Try it
A complete answer lists every line of the material where the string "clock" occurs.

= = = = =

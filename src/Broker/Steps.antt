-- ===== src/Broker/Steps.antt =====
-- src/broker.rs: the steps of a chain in the broker, by how each one ends.
use trunnion.Prelude.{Bool, true, false, if◌then◌else◌, Text, ◌≡◌, refl}
use trunnion.Fault.{Fault, Result, ok, err}
use trunnion.Trial.{Trial, chain, give}
use trunnion.Json.{Json, Digest}
use trunnion.Keys.{Keys}
use trunnion.Runlog.{Core, append}
use trunnion.Broker.{Site, Run, with_core, record_event}

pub if-step {ℓ κ} :
    {A : Type ℓ} {a b : A} (P : A → Type κ) (test : Bool) → P a → P b → P (if test then a else b)
if-step P true pa pb = pa
if-step P false pa pb = pb

-- A step that changes nothing.
pub give-step {ℓ} :
    {S A B : Type 0} (P : S × Result B → Type ℓ) (r : Result A) (rest : A → Trial S B) (s : S)
    → ((fault : Fault) → r ≡ err fault → P (s, err fault))
    → ((a : A) → r ≡ ok a → P (rest a s))
    → P (chain (give r s) rest)
give-step P (err fault) rest s fails goes = fails fault refl
give-step P (ok a) rest s fails goes = goes a refl

module _ (j : Json) (d : Digest) (keys : Keys) (site : Site j) where
  abbrev appended :
      Text → j.Value → Run j d keys site → Core j d keys site.book site.clock × Result Text
  appended kind subject run = append j d keys site.book site.clock kind subject run.core

  -- An event on the ledger: only the core changes.
  pub record-step {ℓ} :
      {B : Type 0} (P : Run j d keys site × Result B → Type ℓ) (kind : Text) (subject : j.Value)
      (rest : Text → Trial (Run j d keys site) B) (run : Run j d keys site)
      → ((core : Core j d keys site.book site.clock) (fault : Fault)
          → append j d keys site.book site.clock kind subject run.core ≡ (core, err fault)
          → P (record run { core = core }, err fault))
      → ((core : Core j d keys site.book site.clock) (id : Text)
          → append j d keys site.book site.clock kind subject run.core ≡ (core, ok id)
          → P (rest id (record run { core = core })))
      → P (chain (record_event j d keys site kind subject run) rest)
  unfolding record_event
  record-step P kind subject rest run fails goes = by_result (appended kind subject run) refl
    where
      by_result :
          (r : Core j d keys site.book site.clock × Result Text)
          → appended kind subject run ≡ r
          → P (chain (with_core j d keys site run r) rest)
      by_result (core, err fault) e = fails core fault e
      by_result (core, ok id) e = goes core id e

= = = = =

Solution for this exercise
      Text → j.Value → Run j d keys site → Core j d keys site.book site.clock × Result Text
  appended kind subject run = append j d keys site.book site.clock kind subject run.core
      → ((core : Core j d keys site.book site.clock) (fault : Fault)
          → append j d keys site.book site.clock kind subject run.core ≡ (core, err fault)
      → ((core : Core j d keys site.book site.clock) (id : Text)
          → append j d keys site.book site.clock kind subject run.core ≡ (core, ok id)
          (r : Core j d keys site.book site.clock × Result Text)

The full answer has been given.